Food Desert Dispatches: Building a Just Food System for the First Time | Civil Eats

Food Desert Dispatches: Building a Just Food System for the First Time

The United States food justice movement has many facets spanning the issues of production and consumption.  It has been a movement that has at least tried to demonstrate the importance of developing a food system that is sustainable economically and environmentally, and is still socially just.

Open letters to the Obama administration have tried to articulate the importance of the agricultural food systems.  Many of these letters have made excellent points. Most have called for a reformed food system that returns value to the small producer, asserts that food should be produced closer to home, and focuses on developing more access to healthy food for under-served people.

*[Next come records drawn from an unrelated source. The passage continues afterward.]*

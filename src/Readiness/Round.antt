-- ===== src/Readiness/Round.antt =====
-- logs.go: `observeReadinessRound`, one round of the monitor. What the followers hand over is a
-- parameter of the loop in Readiness/Wait.
use docker_vrising.Prelude.{
  ℕ, Bool, not, List, [], ◌∷◌, ◌++◌, ◌==◌, any, nat_eq, Bytes, codes, Option, none, some,
  if◌then◌else◌,
}
use docker_vrising.Prelude.Result.{Result, ok, err, ◌>>=◌, ◌>>◌, guard}
use docker_vrising.Readiness.{
  ExpectedReadiness, Evidence, observe, reset, complete, fatal_readiness_line,
}

-- `logBatch`
pub record LogBatch : Type 0 where
  pub round : ℕ
  pub source : Bytes
  pub lines : List Bytes
  pub more : Bool
  pub pending : Bool
  pub reset : Bool
  pub activity : Bool
  pub error : Option Bytes

-- A fatal line stands in its error whole; the code shortens it there.
pub data ReadinessError : Type 0 where
  cancelled unexpected_round server_log_required bepinex_log_required : ReadinessError
  kindred_required satisvampory_required : ReadinessError
  no_follower follow write_failed fatal_output : Bytes → ReadinessError

-- The evidence, and what was written to the output so far.
pub record Seen : Type 0 where
  pub evidence : Evidence
  pub written : List Bytes

-- The results of a round.
pub record Round : Type 0 where
  pub ready : Bool
  pub more : Bool
  pub pending : Bool
  pub activity : Bool

abbrev pub guard_follow : LogBatch → Result ReadinessError (Unit {0})
guard_follow b = elim b.error [ none ↦ ok tt | some e ↦ err (follow b.source) ]

abbrev pub reset_batch : LogBatch → Evidence → Evidence
reset_batch b e = if b.reset then reset b.source e else e

abbrev pub first_fatal : List Bytes → Option Bytes
first_fatal [] = none
first_fatal (line ∷ lines) =
    let later = first_fatal lines in if fatal_readiness_line line then some line else later

-- The loop over the lines of the batches that looks for a fatal one.
unfoldable pub check_fatal : List LogBatch → Result ReadinessError (Unit {0})
check_fatal [] = ok tt
check_fatal (b ∷ batches) = elim (first_fatal b.lines) [
  | none ↦ check_fatal batches
  | some line ↦ err (fatal_output line)
]

unfoldable pub observe_lines : ExpectedReadiness → List Bytes → Evidence → Evidence
observe_lines expected [] e = e
observe_lines expected (line ∷ lines) e = observe_lines expected lines (observe expected line e)

unfoldable pub observe_batches : ExpectedReadiness → List LogBatch → Evidence → Evidence
unfolding observe_lines
observe_batches expected [] e = e
observe_batches expected (b ∷ batches) e =
    observe_batches expected batches (observe_lines expected b.lines e)

module _ (write_fails : List Bytes → Bytes → Bool) where
  unfoldable pub write_lines : Bytes → List Bytes → List Bytes → Result ReadinessError (List Bytes)
  write_lines source [] written = ok written
  write_lines source (line ∷ lines) written = do
    let text = codes "[" ++ (source ++ (codes "] " ++ (line ++ (10 ∷ []))))
    guard (not (write_fails written text)) (write_failed source)
    write_lines source lines (written ++ (text ∷ []))

  -- The first loop over the batches.
  unfoldable pub take_batches : List LogBatch → Seen → Result ReadinessError Seen
  take_batches [] s = ok s
  take_batches (b ∷ batches) s = do
    guard_follow b
    written ← write_lines b.source b.lines s.written
    take_batches batches (record { evidence = reset_batch b s.evidence; written = written })

  -- `observeReadinessRound`, of the batches that the followers sent.
  unfoldable pub observe_readiness_round :
      ExpectedReadiness → Bool → ℕ → List LogBatch → Seen → Result ReadinessError (Round × Seen)
  unfolding take_batches check_fatal observe_batches
  observe_readiness_round expected check_startup round batches s = do
    guard (not (any (λ (b : LogBatch). not (b.round == round)) batches)) unexpected_round
    taken ← take_batches batches s
    if check_startup then check_fatal batches else ok tt
    let evidence = observe_batches expected batches taken.evidence
    ok (
      record {
        ready = complete evidence expected.require_mods;
        more = any (λ (b : LogBatch). b.more) batches;
        pending = any (λ (b : LogBatch). b.pending) batches;
        activity = any (λ (b : LogBatch). b.activity) batches;
      },
      record { evidence = evidence; written = taken.written },
    )
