-- ===== src/Readiness/Wait.antt =====
-- logs.go: `watch`, the loop of the monitor. `acknowledged` is what the followers hand over in a
-- round (none when the context ends), and `stopped` whether the context ends in the wait after it.
-- The lines on the progress, whose errors the code ignores, are not modelled.
pub mod Shown
pub mod Ready
use docker_vrising.Prelude.{
  ℕ, zero, suc, ◌+◌, Bool, true, false, ◌&&◌, ◌||◌, not, List, [], ◌∷◌, ◌==◌, nat_eq, bytes_eq,
  Bytes, codes, Option, none, some, if◌then◌else◌,
}
use docker_vrising.Prelude.Result.{Result, ok, err, ◌>>=◌, ◌>>◌, guard}
use docker_vrising.Config.{semantic_version}
use docker_vrising.Readiness.{ExpectedReadiness, Evidence}
use docker_vrising.Readiness.Round.{
  LogBatch, ReadinessError, cancelled, server_log_required, bepinex_log_required, kindred_required,
  satisvampory_required, no_follower, Seen, Round, observe_readiness_round,
}

-- The variables of the loop.
pub record Watch : Type 0 where
  pub seen : Seen
  pub quiet_rounds : ℕ
  pub announced : Bool

-- How the loop stands after some rounds: it has returned, or it goes on.
pub data Outcome : Type 0 where
  is_ready : Outcome
  failed : ReadinessError → Outcome
  watching : Watch → Outcome

abbrev pub no_evidence : Evidence
no_evidence = record {
  server_startup = false;
  chainloader = false;
  vcf = false;
  kindred = false;
  satisvampory = false;
}

abbrev pub first_watch : Watch
first_watch = record {
  seen = record { evidence = no_evidence; written = [] };
  quiet_rounds = 0;
  announced = false;
}

abbrev is_exact : Bytes → Bool
is_exact version = not (version == [] || version == codes "latest") && semantic_version version

module _ (expected : ExpectedReadiness) (write_fails : List Bytes → Bytes → Bool)
    (acknowledged : ℕ → Option (List LogBatch)) (stopped : ℕ → Bool) (on_ready : Bool) where
  -- `quietRounds` after a round.
  abbrev pub count_quiet : Round → ℕ → ℕ
  count_quiet r quiet =
      if r.ready && (not r.more && (not r.pending && not r.activity)) then quiet + 1 else 0

  -- The end of the body of the loop: the next round comes at once, or after a wait.
  abbrev pub go_on : ℕ → Round → Watch → Outcome
  go_on round r w =
      if not (r.more && not r.pending) && stopped round then failed cancelled else watching w

  abbrev pub after_round : ℕ → Watch → Result ReadinessError (Round × Seen) → Outcome
  after_round round w (err e) = failed e
  after_round round w (ok (r, s)) =
      let quiet = count_quiet r w.quiet_rounds in
      if quiet == 2 && not w.announced
      then (if on_ready
          then go_on round r (record { seen = s; quiet_rounds = quiet; announced = true })
          else is_ready)
      else go_on round r (record { seen = s; quiet_rounds = quiet; announced = w.announced })

  abbrev pub observe_acknowledged :
      ℕ → Watch → Option (List LogBatch) → Result ReadinessError (Round × Seen)
  observe_acknowledged round w none = err cancelled
  observe_acknowledged round w (some batches) =
      observe_readiness_round write_fails expected (not w.announced) round batches w.seen

  -- The body of the loop.
  unfoldable pub watch_round : ℕ → Watch → Outcome
  unfolding observe_readiness_round
  watch_round round w = after_round round w (observe_acknowledged round w (acknowledged round))

  -- The outcome after the given number of rounds.
  unfoldable pub watch_rounds : ℕ → Outcome
  unfolding watch_round
  watch_rounds zero = watching first_watch
  watch_rounds (suc n) = elim (watch_rounds n) [
    | is_ready ↦ is_ready
    | failed e ↦ failed e
    | watching w ↦ watch_round (suc n) w
  ]

-- `watch`, for some rounds; `open_follower` is `newLogFollower`.
unfoldable pub watch :
    ExpectedReadiness
    → (List Bytes → Bytes → Bool)
    → (ℕ → Option (List LogBatch))
    → (ℕ → Bool)
    → Bool
    → (Bytes → Bool)
    → Bytes
    → Bytes
    → ℕ
    → Result ReadinessError Outcome
unfolding watch_rounds
watch expected write_fails acknowledged stopped on_ready open_follower server_log bepinex_log n = do
  guard (not (server_log == [])) server_log_required
  guard (not expected.require_mods || not (bepinex_log == [])) bepinex_log_required
  guard (not expected.require_mods || is_exact expected.kindred_version) kindred_required
  guard (not expected.require_mods || is_exact expected.satisvampory_version) satisvampory_required
  guard (open_follower server_log) (no_follower server_log)
  guard (not expected.require_mods || open_follower bepinex_log) (no_follower bepinex_log)
  ok (watch_rounds expected write_fails acknowledged stopped on_ready n)
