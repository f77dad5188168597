-- ===== src/Readiness/Wait/Shown.antt =====
-- What the logs have shown: an account of the evidence by the whole history of the rounds.
use docker_vrising.Prelude.{
  Bool, false, ◌&&◌, ◌||◌, not, ◌≡◌, refl, ◌∙◌, List, [], ◌∷◌, ◌==◌, any, nat_eq, bytes_eq, Bytes,
  codes, arith, ap, All, Option-cases, inl, inr, none,
}
use docker_vrising.Prelude.Result.{ok, ◌>>=◌, >>=-eq-ok}
use docker_vrising.Readiness.{
  ExpectedReadiness, Evidence, observe, reset, fatal_readiness_line, shows_startup,
  shows_chainloader, shows_vcf, shows_kindred, shows_satisvampory,
}
use docker_vrising.Readiness.Round.{
  LogBatch, Seen, reset_batch, guard_follow, write_lines, take_batches, first_fatal, check_fatal,
  observe_lines, observe_batches,
}

-- The batches of the rounds, the latest round first.
abbrev pub History : Type 0
History = List (List LogBatch)

abbrev pub resets_server : LogBatch → Bool
resets_server b = b.reset && b.source == codes "server"

abbrev pub resets_mods : LogBatch → Bool
resets_mods b = b.reset && not (b.source == codes "server")

abbrev pub has_line : (Bytes → Bool) → List LogBatch → Bool
has_line test batches = any (λ (b : LogBatch). any test b.lines) batches

-- A line that passes the test came in the latest round of a reset of its log, or after it.
abbrev pub shown : (Bytes → Bool) → (LogBatch → Bool) → History → Bool
shown test resets [] = false
shown test resets (batches ∷ older) =
    has_line test batches || (not (any resets batches) && shown test resets older)

abbrev pub evidence_of : ExpectedReadiness → History → Evidence
evidence_of expected h = record {
  server_startup = shown shows_startup resets_server h;
  chainloader = shown shows_chainloader resets_mods h;
  vcf = shown shows_vcf resets_mods h;
  kindred = shown (shows_kindred expected) resets_mods h;
  satisvampory = shown (shows_satisvampory expected) resets_mods h;
}

record AreSame (e f : Evidence) : Type 0 where
  server_startup : e.server_startup ≡ f.server_startup
  chainloader : e.chainloader ≡ f.chainloader
  vcf : e.vcf ≡ f.vcf
  kindred : e.kindred ≡ f.kindred
  satisvampory : e.satisvampory ≡ f.satisvampory

AreSame-eq : {e f : Evidence} → AreSame e f → e ≡ f
AreSame-eq s = λ i. record {
  server_startup = s.server_startup i;
  chainloader = s.chainloader i;
  vcf = s.vcf i;
  kindred = s.kindred i;
  satisvampory = s.satisvampory i;
}

-- The evidence after the resets of the batches, and after their lines.
abbrev without : List LogBatch → Evidence → Evidence
without batches e = record {
  server_startup = not (any resets_server batches) && e.server_startup;
  chainloader = not (any resets_mods batches) && e.chainloader;
  vcf = not (any resets_mods batches) && e.vcf;
  kindred = not (any resets_mods batches) && e.kindred;
  satisvampory = not (any resets_mods batches) && e.satisvampory;
}

abbrev also : ExpectedReadiness → ((Bytes → Bool) → Bool) → Evidence → Evidence
also expected found e = record {
  server_startup = found shows_startup || e.server_startup;
  chainloader = found shows_chainloader || e.chainloader;
  vcf = found shows_vcf || e.vcf;
  kindred = found (shows_kindred expected) || e.kindred;
  satisvampory = found (shows_satisvampory expected) || e.satisvampory;
}

reset_batch-without :
    (b : LogBatch) (batches : List LogBatch) (e : Evidence)
    → without batches (reset_batch b e) ≡ without (b ∷ batches) e
unfolding reset
reset_batch-without b batches e = AreSame-eq (record {
  server_startup = ground arith;
  chainloader = ground arith;
  vcf = ground arith;
  kindred = ground arith;
  satisvampory = ground arith;
})

take_batches-without :
    (write_fails : List Bytes → Bytes → Bool) (batches : List LogBatch) (s : Seen) {t : Seen}
    → take_batches write_fails batches s ≡ ok t
    → t.evidence ≡ without batches s.evidence
unfolding take_batches
take_batches-without write_fails [] s h = ground arith
take_batches-without write_fails (b ∷ batches) s h =
    let (u, followed, rest) =
      >>=-eq-ok (guard_follow b)
        (λ u. write_lines write_fails b.source b.lines s.written >>= (λ written.
          take_batches write_fails batches
            (record { evidence = reset_batch b s.evidence; written = written })))
        h in
    let (written, wrote, last) =
      >>=-eq-ok (write_lines write_fails b.source b.lines s.written)
        (λ written.
          take_batches write_fails batches
            (record { evidence = reset_batch b s.evidence; written = written }))
        rest in
    take_batches-without write_fails batches
      (record { evidence = reset_batch b s.evidence; written = written }) last
    ∙ reset_batch-without b batches s.evidence

observe_lines-also :
    (expected : ExpectedReadiness) (lines : List Bytes) (e : Evidence)
    → observe_lines expected lines e ≡ also expected (λ test. any test lines) e
unfolding observe_lines observe
observe_lines-also expected [] e = refl
observe_lines-also expected (line ∷ lines) e =
    observe_lines-also expected lines (observe expected line e)
    ∙ AreSame-eq (record {
      server_startup = ground arith;
      chainloader = ground arith;
      vcf = ground arith;
      kindred = ground arith;
      satisvampory = ground arith;
    })

observe_batches-also :
    (expected : ExpectedReadiness) (batches : List LogBatch) (e : Evidence)
    → observe_batches expected batches e ≡ also expected (λ test. has_line test batches) e
unfolding observe_batches
observe_batches-also expected [] e = refl
observe_batches-also expected (b ∷ batches) e =
    observe_batches-also expected batches (observe_lines expected b.lines e)
    ∙ ap (also expected (λ test. has_line test batches)) (observe_lines-also expected b.lines e)
    ∙ AreSame-eq (record {
      server_startup = ground arith;
      chainloader = ground arith;
      vcf = ground arith;
      kindred = ground arith;
      satisvampory = ground arith;
    })

-- The evidence after a round is that of the history with the round.
pub round-evidence :
    (expected : ExpectedReadiness) (write_fails : List Bytes → Bytes → Bool)
    (batches : List LogBatch) (older : History) (s : Seen) {t : Seen}
    → s.evidence ≡ evidence_of expected older
    → take_batches write_fails batches s ≡ ok t
    → observe_batches expected batches t.evidence ≡ evidence_of expected (batches ∷ older)
round-evidence expected write_fails batches older s {t = t} e h =
    observe_batches-also expected batches t.evidence
    ∙ ap (also expected (λ test. has_line test batches))
        (take_batches-without write_fails batches s h ∙ ap (without batches) e)

abbrev pub IsCalm : List LogBatch → Type 0
IsCalm batches = All (λ (b : LogBatch). any fatal_readiness_line b.lines ≡ false) batches

first_fatal-none :
    (lines : List Bytes) → first_fatal lines ≡ none → any fatal_readiness_line lines ≡ false
first_fatal-none [] h = refl
first_fatal-none (line ∷ lines) h = ground (arith, first_fatal-none lines)

pub check_fatal-IsCalm : (batches : List LogBatch) → check_fatal batches ≡ ok tt → IsCalm batches
unfolding check_fatal
check_fatal-IsCalm [] h = tt
check_fatal-IsCalm (b ∷ batches) h = elim (Option-cases (first_fatal b.lines)) [
  | inl e ↦ (first_fatal-none b.lines e, check_fatal-IsCalm batches (ground arith))
  | inr (line, e) ↦ ground arith
]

These are all worthy requests.  But the undertone of some of these open letters seems to support a kind of Manifest Destiny, right to the land framework. It is this kind of frame that gives rise to what seems to be an elitist view of the food system.  Perhaps unintentional, the historical frame of the letters seems exclusionary.  Contemporary thought in the food movement has made it abundantly clear that the current system is broken, even though most Americans cannot describe or define “the food system” in concrete terms. The activists that are aware of the scale of the food and agricultural problem often lack the cultural understanding to help others reach a similar conclusion. Too many times, those who are listening hear a list of what cannot be done and how they should change with no context given as to how changes impact their lives.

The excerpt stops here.